- Class leading mobile apps
- Huge selection of music
- High quality streaming and offline downloads
- Optional integrated social media
- Matches & integrates your existing music collection
- Desktop client merely a web app
- Secretive about percentage of 320Kbit content
- Review Price: £4.99
- 15 million track library
- Up to 320Kbit encoded music
- iOS, Android, BlackBerry, Windows Phone, Sonos & Roku apps
- Downloadable & browser-based desktop clients
- Facebook, Twitter & Last.fm integration
- Rdio users' social network
Ever feel like no matter how hard you try you just can’t get your moment in the spotlight? Then you will be able to empathise with Rdio as it tries to fight the barrage of media coverage given over to chief rival Spotify. The big question is whether Rdio deserves to take centre stage…

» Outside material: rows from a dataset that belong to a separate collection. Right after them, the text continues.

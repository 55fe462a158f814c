-- ===== src/Search/Depth/Recorded.antt =====
-- _emulate_depth_batch: final_results beside final_meta.
use sts2_training.Base.{
  ◌≡◌, ◌⊎◌, refl, ap, ◌∙◌, inl, inr, ℕ, zero, suc, ◌≤◌, ◌+◌, String, Bool, true, false, Option,
  List, [], ◌∷◌, map, length, Bool-cases, arith, All,
}
use sts2_training.Json.{Fields, Value, lookup}
use sts2_training.Search.Depth.{
  Reply, answered, rejected, failed, Server, Placed, Depth, Ending, retries, stopped, raised,
  resolves, finish, recover, sort_out, note_created, add_retries, after_reply, with_server,
  emulate_chunk, run_chunks, chunks_of, make_retry_item, make_retry_items, count_faults,
  after_attempt, attempt,
}

-- the Branches that the results and the finished items name
abbrev pub result_branches : List (String × Option Value) → List String
result_branches rs = map (λ r. r.0) rs

abbrev pub finished_branches : {S : Type 0} → List (Placed S) → List String
finished_branches ps = map (λ p. p.1.branch_id) ps

-- The result resolves, or at least so many items were repeated.
abbrev pub Decided : ℕ → ℕ → String × Option Value → Type 0
Decided n faults r = (resolves r.1 ≡ true) ⊎ (n ≤ faults)

-- There is one result for each finished item, under its Branch; and each of them resolves, unless at
-- least n repetitions were counted.
pub record Recorded {E S : Type 0} (n : ℕ) (d : Depth E S) : Type 0 where
  pub named : result_branches d.final_results ≡ finished_branches d.final_meta
  pub decided : All (Decided n d.branch_retry_faults) d.final_results

All-Decided :
    (n k l : ℕ) (rs : List (String × Option Value))
    → k ≤ l
    → All (Decided n k) rs
    → All (Decided n l) rs
All-Decided n k l [] h a = tt
All-Decided n k l (r ∷ rs) h a = (more a.0, All-Decided n k l rs h a.1)
  where
    more : Decided n k r → Decided n l r
    more (inl e) = inl e
    more (inr e) = inr (omega arith)

abbrev Ready : Bool → ℕ → ℕ → Type 0
Ready last n faults = last ≡ true → n ≤ faults

none-Ready : (n faults : ℕ) → Ready false n faults
none-Ready n faults e = cc

module _ {E S : Type 0} (n : ℕ) where
  -- The results stay recorded, and no repetition is counted.
  abbrev pub Records : Depth E S → Depth E S → Type 0
  Records d f = Recorded n f × (f.branch_retry_faults ≡ d.branch_retry_faults)

  finish-Recorded :
      (p : Placed S) (r : Option Value) (d : Depth E S)
      → Decided n d.branch_retry_faults (p.1.branch_id, r)
      → Recorded n d
      → Recorded n (finish p r d)
  finish-Recorded p r d h k = record {
    named = ap (λ xs. p.1.branch_id ∷ xs) k.named;
    decided = (h, k.decided);
  }

  recover-Records : (again : Bool) (d : Depth E S) → Recorded n d → Records d (recover again d)
  recover-Records true d h = (record { named = h.named; decided = h.decided }, refl)
  recover-Records false d h = (h, refl)

  sort_out-Records :
      (again last : Bool) (results : Fields) (ps : List (Placed S)) (d : Depth E S)
      → Ready last n d.branch_retry_faults
      → Recorded n d
      → Records d (sort_out again last results ps d).1
  sort_out-Records again last results [] d l h = (h, refl)
  sort_out-Records again last results (p ∷ ps) d l h =
      let r = lookup p.1.branch_id results in
      elim (Bool-cases (resolves (lookup p.1.branch_id results))) [
        | inl e ↦ rw e (
            let f = recover-Records again (finish p r d) (finish-Recorded p r d (inl e) h) in
            let g =
              sort_out-Records again last results ps (recover again (finish p r d))
                (λ k. let x = l k in let y = f.1 in omega arith) f.0 in
            (g.0, g.1 ∙ f.1))
        | inr e ↦ rw e (elim (Bool-cases last) [
          | inl b ↦ rw b (
              sort_out-Records again last results ps (finish p r d) l
                (finish-Recorded p r d (inr (l b)) h))
          | inr b ↦ rw b (sort_out-Records again last results ps d l h)
        ])
      ]

  -- The same of an ending that is no reason to stop.
  abbrev pub RecordsAt : Depth E S → Ending S × Depth E S → Type 0
  RecordsAt d (retries qs, f) = Records d f
  RecordsAt d (stopped reason, f) = Unit
  RecordsAt d (raised e, f) = Unit

  add_retries-RecordsAt :
      (ps : List (Placed S)) (d : Depth E S) (r : Ending S × Depth E S)
      → RecordsAt d r
      → RecordsAt d (add_retries ps r)
  add_retries-RecordsAt ps d (retries qs, f) h = h
  add_retries-RecordsAt ps d (stopped reason, f) h = tt
  add_retries-RecordsAt ps d (raised e, f) h = tt

  from_before :
      (d f : Depth E S) (r : Ending S × Depth E S)
      → f.branch_retry_faults ≡ d.branch_retry_faults
      → RecordsAt f r
      → RecordsAt d r
  from_before d f (retries qs, g) e h = (h.0, h.1 ∙ e)
  from_before d f (stopped reason, g) e h = tt
  from_before d f (raised x, g) e h = tt

  abbrev Continues : Bool → (Depth E S → Ending S × Depth E S) → Type 0
  Continues last rest =
      (f : Depth E S) → Ready last n f.branch_retry_faults → Recorded n f → RecordsAt f (rest f)

  after_reply-RecordsAt :
      (again last : Bool) (chunk : List (Placed S)) (rest : Depth E S → Ending S × Depth E S)
      (reply : Reply) (d : Depth E S)
      → Continues last rest
      → Ready last n d.branch_retry_faults
      → Recorded n d
      → RecordsAt d (after_reply again last chunk rest reply d)
  after_reply-RecordsAt again last chunk rest (failed e) d k l h = tt
  after_reply-RecordsAt again last chunk rest (rejected true e detail) d k l h = tt
  after_reply-RecordsAt again last chunk rest (rejected false e detail) d k l h = tt
  after_reply-RecordsAt again last chunk rest (answered results) d k l h =
      let c = note_created chunk d in
      let f =
        sort_out-Records again last results chunk c l
          (record { named = h.named; decided = h.decided }) in
      let s = sort_out again last results chunk c in
      add_retries-RecordsAt s.0 d (rest s.1) (
        from_before d s.1 (rest s.1) f.1
          (k s.1 (λ b. let x = l b in let y = f.1 in omega arith) f.0))

  module _ (server : Server E) where
    emulate_chunk-RecordsAt :
        (again last : Bool) (chunk : List (Placed S)) (rest : Depth E S → Ending S × Depth E S)
        (timely : Bool) (d : Depth E S)
        → Continues last rest
        → Ready last n d.branch_retry_faults
        → Recorded n d
        → RecordsAt d (emulate_chunk server again last chunk rest timely d)
    emulate_chunk-RecordsAt again last chunk rest false d k l h = tt
    emulate_chunk-RecordsAt again last chunk rest true d k l h =
        let r = server.emulate d.server (map (λ p. p.1.payload) chunk) in
        after_reply-RecordsAt again last chunk rest r.0 (with_server r.1 d) k l
          (record { named = h.named; decided = h.decided })

    run_chunks-RecordsAt :
        (again last : Bool) (chunks : List (List (Placed S)))
        → Continues last (run_chunks server again last chunks)
    run_chunks-RecordsAt again last [] d l h = (h, refl)
    run_chunks-RecordsAt again last (chunk ∷ chunks) d l h =
        let r = server.in_time d.server in
        emulate_chunk-RecordsAt again last chunk (run_chunks server again last chunks) r.0
          (with_server r.1 d) (run_chunks-RecordsAt again last chunks) l
          (record { named = h.named; decided = h.decided })

    -- what making the items of a repetition leaves as it is
    retry_items-Recorded :
        (ps : List (Placed S)) (d : Depth E S)
        → Recorded n d
        → Records d (make_retry_items server ps d).1
    unfolding make_retry_item
    retry_items-Recorded [] d h = (h, refl)
    retry_items-Recorded (p ∷ ps) d h =
        retry_items-Recorded ps (make_retry_item server p d).1
          (record { named = h.named; decided = h.decided })

    abbrev pub RecordedAt : Ending S × Depth E S → Type 0
    RecordedAt (retries qs, f) = Recorded n f
    RecordedAt (stopped reason, f) = Unit
    RecordedAt (raised e, f) = Unit

    RecordedAt-of : (d : Depth E S) (r : Ending S × Depth E S) → RecordsAt d r → RecordedAt r
    RecordedAt-of d (retries qs, f) h = h.0
    RecordedAt-of d (stopped reason, f) h = tt
    RecordedAt-of d (raised e, f) h = tt

    after_attempt-RecordedAt :
        (left : ℕ) (next : List (Placed S) → Depth E S → Ending S × Depth E S) (d : Depth E S)
        (r : Ending S × Depth E S)
        → n ≤ d.branch_retry_faults + suc left
        → ((qs : List (Placed S)) (f : Depth E S)
            → n ≤ f.branch_retry_faults + left
            → Recorded n f
            → RecordedAt (next qs f))
        → RecordsAt d r
        → RecordedAt (after_attempt server next r.0 r.1)
    after_attempt-RecordedAt left next d (retries [], f) l k h = h.0
    after_attempt-RecordedAt left next d (retries (q ∷ qs), f) l k h =
        let g = count_faults (q ∷ qs) f in
        let more : f.branch_retry_faults ≤ f.branch_retry_faults + length (q ∷ qs) = omega arith in
        let m = retry_items-Recorded (q ∷ qs) g (record {
          named = h.0.named;
          decided = All-Decided n _ _ f.final_results more h.0.decided;
        }) in
        let x = h.1 in let y = m.1 in k _ _ (omega arith) m.0
    after_attempt-RecordedAt left next d (stopped reason, f) l k h = tt
    after_attempt-RecordedAt left next d (raised e, f) l k h = tt

    pub attempt-RecordedAt :
        (size left : ℕ) (again : Bool) (ps : List (Placed S)) (d : Depth E S)
        → n ≤ d.branch_retry_faults + left
        → Recorded n d
        → RecordedAt (attempt server size left again ps d)
    attempt-RecordedAt size zero again ps d l h =
        RecordedAt-of d _
          (run_chunks-RecordsAt again true (chunks_of (length ps) size ps) d (λ e. omega arith) h)
    attempt-RecordedAt size (suc left) again ps d l h =
        after_attempt-RecordedAt left (attempt server size left true) d
          (run_chunks server again false (chunks_of (length ps) size ps) d) l
          (attempt-RecordedAt size left true)
          (run_chunks-RecordsAt again false (chunks_of (length ps) size ps) d
            (none-Ready n d.branch_retry_faults) h)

Jump to Page 2: Rdio – Apps & Performance
Who Is Rdio?
Launched out of beta in August 2010, Rdio is what Skype founders Niklas Zennström and Janus Friis did next. Like Spotify, Rdio has deals with all four of the major record labels (Sony, EMI, Warner and Universal), like Spotify it offers near instantaneous streaming music on a monthly subscription format and like Spotify it is available on virtually every major PC and mobile platform. Unlike Spotify, Rdio opened first in the US and only this month did it head to the UK.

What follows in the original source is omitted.